Top of Entries provided

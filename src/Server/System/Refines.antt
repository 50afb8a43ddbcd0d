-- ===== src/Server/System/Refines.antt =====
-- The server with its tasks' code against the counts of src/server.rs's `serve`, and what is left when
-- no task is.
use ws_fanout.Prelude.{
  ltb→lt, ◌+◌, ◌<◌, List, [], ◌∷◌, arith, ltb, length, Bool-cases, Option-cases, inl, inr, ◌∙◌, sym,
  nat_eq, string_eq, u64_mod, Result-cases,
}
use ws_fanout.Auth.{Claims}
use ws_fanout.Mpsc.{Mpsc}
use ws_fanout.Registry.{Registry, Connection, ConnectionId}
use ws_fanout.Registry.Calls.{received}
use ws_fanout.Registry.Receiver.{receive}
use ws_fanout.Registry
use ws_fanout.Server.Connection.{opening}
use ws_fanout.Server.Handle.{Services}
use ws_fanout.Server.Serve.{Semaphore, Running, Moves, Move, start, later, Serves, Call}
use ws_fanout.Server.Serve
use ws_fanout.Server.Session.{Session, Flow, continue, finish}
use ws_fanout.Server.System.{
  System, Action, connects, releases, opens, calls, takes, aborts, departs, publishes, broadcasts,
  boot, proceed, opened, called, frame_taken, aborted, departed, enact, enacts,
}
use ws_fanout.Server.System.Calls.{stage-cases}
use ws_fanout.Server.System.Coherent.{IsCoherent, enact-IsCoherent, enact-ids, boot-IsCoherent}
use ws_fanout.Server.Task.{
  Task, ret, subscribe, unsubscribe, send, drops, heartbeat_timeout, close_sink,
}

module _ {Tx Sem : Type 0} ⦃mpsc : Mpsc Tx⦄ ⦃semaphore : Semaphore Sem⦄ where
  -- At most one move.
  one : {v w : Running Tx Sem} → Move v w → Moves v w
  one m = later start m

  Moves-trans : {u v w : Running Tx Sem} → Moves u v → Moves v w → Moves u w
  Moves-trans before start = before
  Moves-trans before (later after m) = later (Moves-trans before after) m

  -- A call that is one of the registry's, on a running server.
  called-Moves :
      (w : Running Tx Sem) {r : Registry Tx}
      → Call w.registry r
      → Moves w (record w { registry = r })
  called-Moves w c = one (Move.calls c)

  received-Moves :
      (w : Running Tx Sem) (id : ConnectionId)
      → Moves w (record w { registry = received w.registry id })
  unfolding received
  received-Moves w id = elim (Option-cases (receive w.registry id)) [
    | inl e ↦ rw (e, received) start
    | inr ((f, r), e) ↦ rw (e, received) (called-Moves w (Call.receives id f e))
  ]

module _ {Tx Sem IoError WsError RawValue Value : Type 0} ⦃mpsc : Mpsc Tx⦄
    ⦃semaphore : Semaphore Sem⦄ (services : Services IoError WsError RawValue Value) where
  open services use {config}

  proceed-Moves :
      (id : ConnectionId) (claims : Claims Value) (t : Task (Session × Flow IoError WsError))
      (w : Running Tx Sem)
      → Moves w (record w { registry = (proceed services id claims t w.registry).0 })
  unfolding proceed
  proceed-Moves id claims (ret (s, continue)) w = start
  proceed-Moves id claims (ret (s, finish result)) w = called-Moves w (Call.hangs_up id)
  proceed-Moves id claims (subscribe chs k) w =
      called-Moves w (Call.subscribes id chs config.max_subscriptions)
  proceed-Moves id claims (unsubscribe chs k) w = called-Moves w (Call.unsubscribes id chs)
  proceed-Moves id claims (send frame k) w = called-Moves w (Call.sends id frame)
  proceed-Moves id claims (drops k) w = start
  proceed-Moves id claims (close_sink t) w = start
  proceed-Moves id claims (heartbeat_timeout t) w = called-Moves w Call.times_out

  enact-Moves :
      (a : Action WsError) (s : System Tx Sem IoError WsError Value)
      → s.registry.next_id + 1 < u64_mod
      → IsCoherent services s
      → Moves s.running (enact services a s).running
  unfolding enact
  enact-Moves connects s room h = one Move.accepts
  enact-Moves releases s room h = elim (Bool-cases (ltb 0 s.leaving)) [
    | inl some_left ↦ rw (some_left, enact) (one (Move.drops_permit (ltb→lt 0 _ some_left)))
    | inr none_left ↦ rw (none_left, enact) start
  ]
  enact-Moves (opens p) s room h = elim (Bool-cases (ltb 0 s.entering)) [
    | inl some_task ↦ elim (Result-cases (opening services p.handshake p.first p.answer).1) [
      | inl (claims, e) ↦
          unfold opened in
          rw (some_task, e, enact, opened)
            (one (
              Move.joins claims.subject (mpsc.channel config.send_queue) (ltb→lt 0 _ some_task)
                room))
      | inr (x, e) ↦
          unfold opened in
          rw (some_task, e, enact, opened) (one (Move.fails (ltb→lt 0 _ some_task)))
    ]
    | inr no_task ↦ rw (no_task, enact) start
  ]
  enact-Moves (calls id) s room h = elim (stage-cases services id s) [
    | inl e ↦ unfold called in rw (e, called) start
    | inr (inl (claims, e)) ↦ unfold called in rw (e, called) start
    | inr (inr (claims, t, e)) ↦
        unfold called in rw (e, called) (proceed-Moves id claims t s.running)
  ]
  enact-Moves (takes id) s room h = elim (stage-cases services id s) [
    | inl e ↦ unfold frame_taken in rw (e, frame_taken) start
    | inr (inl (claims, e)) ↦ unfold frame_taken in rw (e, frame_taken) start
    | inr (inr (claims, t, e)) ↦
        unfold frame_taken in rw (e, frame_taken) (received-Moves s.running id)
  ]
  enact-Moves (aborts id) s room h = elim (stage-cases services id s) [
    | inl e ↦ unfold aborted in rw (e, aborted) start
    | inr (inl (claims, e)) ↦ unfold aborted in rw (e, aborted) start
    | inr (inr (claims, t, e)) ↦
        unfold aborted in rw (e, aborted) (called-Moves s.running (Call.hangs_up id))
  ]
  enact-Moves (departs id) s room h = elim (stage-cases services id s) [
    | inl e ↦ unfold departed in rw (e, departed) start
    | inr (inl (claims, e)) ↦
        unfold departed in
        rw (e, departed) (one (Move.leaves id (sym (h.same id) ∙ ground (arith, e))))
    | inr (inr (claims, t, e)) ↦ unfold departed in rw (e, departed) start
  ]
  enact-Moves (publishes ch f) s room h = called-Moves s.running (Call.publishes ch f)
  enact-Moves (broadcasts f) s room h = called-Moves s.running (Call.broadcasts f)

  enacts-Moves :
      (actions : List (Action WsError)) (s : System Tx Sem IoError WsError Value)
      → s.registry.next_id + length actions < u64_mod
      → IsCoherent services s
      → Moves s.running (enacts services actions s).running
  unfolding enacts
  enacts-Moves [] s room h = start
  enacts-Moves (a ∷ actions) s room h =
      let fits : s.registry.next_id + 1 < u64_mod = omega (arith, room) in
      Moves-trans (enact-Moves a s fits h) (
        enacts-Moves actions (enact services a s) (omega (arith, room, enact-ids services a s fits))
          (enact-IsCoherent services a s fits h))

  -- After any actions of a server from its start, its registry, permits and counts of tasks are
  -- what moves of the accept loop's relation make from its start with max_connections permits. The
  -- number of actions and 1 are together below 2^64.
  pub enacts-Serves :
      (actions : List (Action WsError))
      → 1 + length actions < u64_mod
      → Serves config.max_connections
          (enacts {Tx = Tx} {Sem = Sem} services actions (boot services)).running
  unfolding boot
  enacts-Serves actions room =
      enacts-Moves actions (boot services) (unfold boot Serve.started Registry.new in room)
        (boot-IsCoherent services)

Bottom of Entries provided

Each entry above needs to be output exactly.

* **Exercise output**:
filename src/Server/System/Refines.antt
repository 50afb8a43ddbcd0d
-- ===== src/Server/System/Refines.antt =====
-- The server with its tasks' code against the counts of src/server.rs's `serve`, and what is left when
-- no task is.
use ws_fanout.Prelude.{
  ltb→lt, ◌+◌, ◌<◌, List, [], ◌∷◌, arith, ltb, length, Bool-cases, Option-cases, inl, inr, ◌∙◌, sym,
  nat_eq, string_eq, u64_mod, Result-cases,
}
use ws_fanout.Auth.{Claims}
use ws_fanout.Mpsc.{Mpsc}
use ws_fanout.Registry.{Registry, Connection, ConnectionId}
use ws_fanout.Registry.Calls.{received}
use ws_fanout.Registry.Receiver.{receive}
use ws_fanout.Registry
use ws_fanout.Server.Connection.{opening}
use ws_fanout.Server.Handle.{Services}
use ws_fanout.Server.Serve.{Semaphore, Running, Moves, Move, start, later, Serves, Call}
use ws_fanout.Server.Serve
use ws_fanout.Server.Session.{Session, Flow, continue, finish}
use ws_fanout.Server.System.{
  System, Action, connects, releases, opens, calls, takes, aborts, departs, publishes, broadcasts,
  boot, proceed, opened, called, frame_taken, aborted, departed, enact, enacts,
}
use ws_fanout.Server.System.Calls.{stage-cases}
use ws_fanout.Server.System.Coherent.{IsCoherent, enact-IsCoherent, enact-ids, boot-IsCoherent}
use ws_fanout.Server.Task.{
  Task, ret, subscribe, unsubscribe, send, drops, heartbeat_timeout, close_sink,
}

module _ {Tx Sem : Type 0} ⦃mpsc : Mpsc Tx⦄ ⦃semaphore : Semaphore Sem⦄ where
  -- At most one move.
  one : {v w : Running Tx Sem} → Move v w → Moves v w
  one m = later start m

  Moves-trans : {u v w : Running Tx Sem} → Moves u v → Moves v w → Moves u w
  Moves-trans before start = before
  Moves-trans before (later after m) = later (Moves-trans before after) m

  -- A call that is one of the registry's, on a running server.
  called-Moves :
      (w : Running Tx Sem) {r : Registry Tx}
      → Call w.registry r
      → Moves w (record w { registry = r })
  called-Moves w c = one (Move.calls c)

  received-Moves :
      (w : Running Tx Sem) (id : ConnectionId)
      → Moves w (record w { registry = received w.registry id })
  unfolding received
  received-Moves w id = elim (Option-cases (receive w.registry id)) [
    | inl e ↦ rw (e, received) start
    | inr ((f, r), e) ↦ rw (e, received) (called-Moves w (Call.receives id f e))
  ]

module _ {Tx Sem IoError WsError RawValue Value : Type 0} ⦃mpsc : Mpsc Tx⦄
    ⦃semaphore : Semaphore Sem⦄ (services : Services IoError WsError RawValue Value) where
  open services use {config}

  proceed-Moves :
      (id : ConnectionId) (claims : Claims Value) (t : Task (Session × Flow IoError WsError))
      (w : Running Tx Sem)
      → Moves w (record w { registry = (proceed services id claims t w.registry).0 })
  unfolding proceed
  proceed-Moves id claims (ret (s, continue)) w = start
  proceed-Moves id claims (ret (s, finish result)) w = called-Moves w (Call.hangs_up id)
  proceed-Moves id claims (subscribe chs k) w =
      called-Moves w (Call.subscribes id chs config.max_subscriptions)
  proceed-Moves id claims (unsubscribe chs k) w = called-Moves w (Call.unsubscribes id chs)
  proceed-Moves id claims (send frame k) w = called-Moves w (Call.sends id frame)
  proceed-Moves id claims (drops k) w = start
  proceed-Moves id claims (close_sink t) w = start
  proceed-Moves id claims (heartbeat_timeout t) w = called-Moves w Call.times_out

  enact-Moves :
      (a : Action WsError) (s : System Tx Sem IoError WsError Value)
      → s.registry.next_id + 1 < u64_mod
      → IsCoherent services s
      → Moves s.running (enact services a s).running
  unfolding enact
  enact-Moves connects s room h = one Move.accepts
  enact-Moves releases s room h = elim (Bool-cases (ltb 0 s.leaving)) [
    | inl some_left ↦ rw (some_left, enact) (one (Move.drops_permit (ltb→lt 0 _ some_left)))
    | inr none_left ↦ rw (none_left, enact) start
  ]
  enact-Moves (opens p) s room h = elim (Bool-cases (ltb 0 s.entering)) [
    | inl some_task ↦ elim (Result-cases (opening services p.handshake p.first p.answer).1) [
      | inl (claims, e) ↦
          unfold opened in
          rw (some_task, e, enact, opened)
            (one (
              Move.joins claims.subject (mpsc.channel config.send_queue) (ltb→lt 0 _ some_task)
                room))
      | inr (x, e) ↦
          unfold opened in
          rw (some_task, e, enact, opened) (one (Move.fails (ltb→lt 0 _ some_task)))
    ]
    | inr no_task ↦ rw (no_task, enact) start
  ]
  enact-Moves (calls id) s room h = elim (stage-cases services id s) [
    | inl e ↦ unfold called in rw (e, called) start
    | inr (inl (claims, e)) ↦ unfold called in rw (e, called) start
    | inr (inr (claims, t, e)) ↦
        unfold called in rw (e, called) (proceed-Moves id claims t s.running)
  ]
  enact-Moves (takes id) s room h = elim (stage-cases services id s) [
    | inl e ↦ unfold frame_taken in rw (e, frame_taken) start
    | inr (inl (claims, e)) ↦ unfold frame_taken in rw (e, frame_taken) start
    | inr (inr (claims, t, e)) ↦
        unfold frame_taken in rw (e, frame_taken) (received-Moves s.running id)
  ]
  enact-Moves (aborts id) s room h = elim (stage-cases services id s) [
    | inl e ↦ unfold aborted in rw (e, aborted) start
    | inr (inl (claims, e)) ↦ unfold aborted in rw (e, aborted) start
    | inr (inr (claims, t, e)) ↦
        unfold aborted in rw (e, aborted) (called-Moves s.running (Call.hangs_up id))
  ]
  enact-Moves (departs id) s room h = elim (stage-cases services id s) [
    | inl e ↦ unfold departed in rw (e, departed) start
    | inr (inl (claims, e)) ↦
        unfold departed in
        rw (e, departed) (one (Move.leaves id (sym (h.same id) ∙ ground (arith, e))))
    | inr (inr (claims, t, e)) ↦ unfold departed in rw (e, departed) start
  ]
  enact-Moves (publishes ch f) s room h = called-Moves s.running (Call.publishes ch f)
  enact-Moves (broadcasts f) s room h = called-Moves s.running (Call.broadcasts f)

  enacts-Moves :
      (actions : List (Action WsError)) (s : System Tx Sem IoError WsError Value)
      → s.registry.next_id + length actions < u64_mod
      → IsCoherent services s
      → Moves s.running (enacts services actions s).running
  unfolding enacts
  enacts-Moves [] s room h = start
  enacts-Moves (a ∷ actions) s room h =
      let fits : s.registry.next_id + 1 < u64_mod = omega (arith, room) in
      Moves-trans (enact-Moves a s fits h) (
        enacts-Moves actions (enact services a s) (omega (arith, room, enact-ids services a s fits))
          (enact-IsCoherent services a s fits h))

  -- After any actions of a server from its start, its registry, permits and counts of tasks are
  -- what moves of the accept loop's relation make from its start with max_connections permits. The
  -- number of actions and 1 are together below 2^64.
  pub enacts-Serves :
      (actions : List (Action WsError))
      → 1 + length actions < u64_mod
      → Serves config.max_connections
          (enacts {Tx = Tx} {Sem = Sem} services actions (boot services)).running
  unfolding boot
  enacts-Serves actions room =
      enacts-Moves actions (boot services) (unfold boot Serve.started Registry.new in room)
        (boot-IsCoherent services)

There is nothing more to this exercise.